# Knoppix Dateien sichern



## ohrfond (23. Dezember 2004)

Hallo! Mein sch*** Windows lässt sich nicht mehr starten (kommt oft vor bei mir), diesmal aber möchte ich auch die Daten sichern bevor ich ganz neu aufsetze (reparieren funktioniert auch nicht mehr). Ich kann die Festplatte nich ausbauen da ich ein Notebook besitze.
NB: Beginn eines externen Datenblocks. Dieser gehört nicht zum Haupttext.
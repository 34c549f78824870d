-- ===== src/Optimistic/Counts/Maps.antt =====
-- How many places of a map of families hold an id, under the operations of the map.
use sync_resource.Shared.{
  ℕ, ◌+◌, ◌≤◌, String, ◌≡◌, refl, Option, none, some, [], ◌∷◌, arith, eq_iff, inl, inr, Bool-cases,
  ◌==◌,
}
use sync_resource.Shared.JsMap.{JsMap, get, put, delete, get-put, get-delete}
use sync_resource.Js.{Value}
use sync_resource.Optimistic.Types.{Family, Tables, Host, Reconcile}
use sync_resource.Optimistic.Refs.{for_families}
use sync_resource.Optimistic.Families.{evict}
use sync_resource.Optimistic.Pages.{change_at, refresh_family, refresh_loaded_items}
use sync_resource.Optimistic.Occurs.{occurs, total}

-- A map holds each of its keys once.
abbrev pub UniqueKeys : JsMap Family → Type 0
UniqueKeys [] = Unit {0}
UniqueKeys ((k, f) ∷ fs) = (get k fs ≡ none) × UniqueKeys fs

-- How often the family under a key holds an id.
abbrev pub held_by : String → Option Family → ℕ
held_by j none = 0
held_by j (some f) = occurs j f.ids

pub total-put :
    (j k : String) (f : Family) (m : JsMap Family)
    → total j (put k f m) + held_by j (get k m) ≡ total j m + occurs j f.ids
unfolding total put get
total-put j k f [] = omega arith
total-put j k f ((i, g) ∷ m) = elim (Bool-cases (i == k)) [
  | inl e ↦ rw e (omega arith)
  | inr e ↦ rw e (omega (arith, total-put j k f m))
]

delete_absent : (k : String) (m : JsMap Family) → get k m ≡ none → delete k m ≡ m
unfolding delete get
delete_absent k [] h = refl
delete_absent k ((i, g) ∷ m) h = ground (arith, delete_absent k m)

pub total-delete :
    (j k : String) (m : JsMap Family)
    → UniqueKeys m
    → total j (delete k m) + held_by j (get k m) ≡ total j m
unfolding total delete get
total-delete j k [] u = omega arith
total-delete j k ((i, g) ∷ m) u = elim (Bool-cases (i == k)) [
  | inl e ↦
      let same : i ≡ k = (eq_iff i k).0 e in
      rw (e, delete_absent k m (rw same at u.0)) (omega arith)
  | inr e ↦ rw e (omega (arith, total-delete j k m u.1))
]

pub total-change_at :
    (j k : String) (g : Family → Family) (m : JsMap Family) (f : Family)
    → get k m ≡ some f
    → total j (change_at k g m) + occurs j f.ids ≡ total j m + occurs j (g f).ids
unfolding total change_at get
total-change_at j k g [] f h = cc
total-change_at j k g ((i, h) ∷ m) f e = elim (Bool-cases (i == k)) [
  | inl q ↦
      let found : Path (Option Family) (some h) (some f) = rw (q, get) at e in
      let same : h ≡ f = cc found in rw (q, same) (omega arith)
  | inr q ↦ rw q (omega (arith, total-change_at j k g m f (rw (q, get) at e)))
]

pub get-change_at :
    (i k : String) (g : Family → Family) (m : JsMap Family)
    → get i m ≡ none
    → get i (change_at k g m) ≡ none
unfolding change_at get
get-change_at i k g [] h = refl
get-change_at i k g ((l, f) ∷ m) h = ground (arith, get-change_at i k g m)

pub change_at-UniqueKeys :
    (k : String) (g : Family → Family) (m : JsMap Family)
    → UniqueKeys m
    → UniqueKeys (change_at k g m)
unfolding change_at
change_at-UniqueKeys k g [] u = tt
change_at-UniqueKeys k g ((l, f) ∷ m) u =
    ground (arith, change_at-UniqueKeys k g m u.1, get-change_at l k g m u.0)

pub put-UniqueKeys :
    (k : String) (f : Family) (m : JsMap Family) → UniqueKeys m → UniqueKeys (put k f m)
unfolding put get
put-UniqueKeys k f [] u = (refl, tt)
put-UniqueKeys k f ((l, g) ∷ m) u =
    ground (arith, put-UniqueKeys k f m u.1, get-put k l f m, eq_iff l k, eq_iff k l)

pub delete-UniqueKeys : (k : String) (m : JsMap Family) → UniqueKeys m → UniqueKeys (delete k m)
unfolding delete
delete-UniqueKeys k [] u = tt
delete-UniqueKeys k ((l, g) ∷ m) u = ground (arith, delete-UniqueKeys k m u.1, get-delete k l m)

get-for_families :
    (i : String) (body : Family → Tables → Family × Tables) (m : JsMap Family) (t : Tables)
    → get i m ≡ none
    → get i (for_families body m t).0 ≡ none
unfolding for_families get
get-for_families i body [] t h = refl
get-for_families i body ((l, f) ∷ m) t h = ground (arith, get-for_families i body m (body f t).1)

pub for_families-UniqueKeys :
    (body : Family → Tables → Family × Tables) (m : JsMap Family) (t : Tables)
    → UniqueKeys m
    → UniqueKeys (for_families body m t).0
unfolding for_families
for_families-UniqueKeys body [] t u = tt
for_families-UniqueKeys body ((l, f) ∷ m) t u =
    (get-for_families l body m (body f t).1 u.0, for_families-UniqueKeys body m (body f t).1 u.1)

get-refresh :
    (i : String) (host : Host) (reconcile : Reconcile) (base : JsMap Value) (m : JsMap Family)
    → get i m ≡ none
    → get i (refresh_loaded_items host reconcile base m) ≡ none
unfolding refresh_loaded_items get
get-refresh i host reconcile base [] h = refl
get-refresh i host reconcile base ((l, f) ∷ m) h =
    ground (arith, get-refresh i host reconcile base m)

pub refresh-UniqueKeys :
    (host : Host) (reconcile : Reconcile) (base : JsMap Value) (m : JsMap Family)
    → UniqueKeys m
    → UniqueKeys (refresh_loaded_items host reconcile base m)
unfolding refresh_loaded_items
refresh-UniqueKeys host reconcile base [] u = tt
refresh-UniqueKeys host reconcile base ((l, f) ∷ m) u =
    (get-refresh l host reconcile base m u.0, refresh-UniqueKeys host reconcile base m u.1)

pub ids-refresh_family :
    (host : Host) (reconcile : Reconcile) (base : JsMap Value) (f : Family)
    → (refresh_family host reconcile base f).ids ≡ f.ids
unfolding refresh_family
ids-refresh_family host reconcile base f = ground arith

pub total-refresh :
    (j : String) (host : Host) (reconcile : Reconcile) (base : JsMap Value) (m : JsMap Family)
    → total j (refresh_loaded_items host reconcile base m) ≡ total j m
unfolding refresh_loaded_items total
total-refresh j host reconcile base [] = refl
total-refresh j host reconcile base ((l, f) ∷ m) =
    rw ids-refresh_family (omega (arith, total-refresh j host reconcile base m))

get-evict :
    (i : String) (active : Option String) (m : JsMap Family) (t : Tables)
    → get i m ≡ none
    → get i (evict active m t).0 ≡ none
unfolding evict get
get-evict i active [] t h = refl
get-evict i active ((l, f) ∷ m) t h = ground (arith, get-evict i active m t)

pub evict-UniqueKeys :
    (active : Option String) (m : JsMap Family) (t : Tables)
    → UniqueKeys m
    → UniqueKeys (evict active m t).0
unfolding evict
evict-UniqueKeys active [] t u = tt
evict-UniqueKeys active ((l, f) ∷ m) t u =
    ground (arith, evict-UniqueKeys active m t u.1, get-evict l active m t u.0)

-- A write that keeps each family's places keeps the total.
pub total-change_same :
    (j k : String) (g : Family → Family) (m : JsMap Family)
    → ((f : Family) → (g f).ids ≡ f.ids)
    → total j (change_at k g m) ≡ total j m
unfolding total change_at
total-change_same j k g [] same = refl
total-change_same j k g ((i, f) ∷ m) same = elim (Bool-cases (i == k)) [
  | inl e ↦ rw (e, same) refl
  | inr e ↦ rw e (omega (arith, total-change_same j k g m same))
]

pub occurs-le-total :
    (j k : String) (m : JsMap Family) (f : Family) → get k m ≡ some f → occurs j f.ids ≤ total j m
unfolding occurs
occurs-le-total j k m f e = omega (arith, total-change_at j k (λ g. record g { ids = [] }) m f e)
Eine Möglichkeit wäre mit Knoppix alle Dateien die ich brauch über ein Netzwerkkabel zu den anderen Rechner (Windows XP) bei mir zuhause zu schicken. Ich weiß bereits dass ich das mit dem Samba Server machen kann. Nur meine Fragen:
1. Wie kann ich bei Knoppix 3.3 den Rechner eine IP-zuweisen?
2. Wie gebe ich Dateien frei (ich finde den Menüpunkt zwar unter dem Kontrollzentrum - Internet & Netzwerk - Dateifreigabe, aber es steht immer da: "Änderungen in diesem Modul können nur vom Benutzer "root" vorgenommen werden." Darunter: "Klicken Sie auf den Knopf "Systemverwaltungsmodus", wenn Sie solche Änderungen vornehmen möchten." Klicke ich auf Systemverwaltungsmodus wird das root-Passwort gefordert, welches ich nicht weiß und mir nie gesagt wurde)
Ich bitte um Hilfe!


----------



## Helmut Klein (23. Dezember 2004)

1. Entweder über das KDE-Knoppix Menü oder über eine Root-Konsole die du ebenfalls über dies Menü erhälst.
In der root-konsole einfach "ifconfig eth0 *IP*" eingeben. 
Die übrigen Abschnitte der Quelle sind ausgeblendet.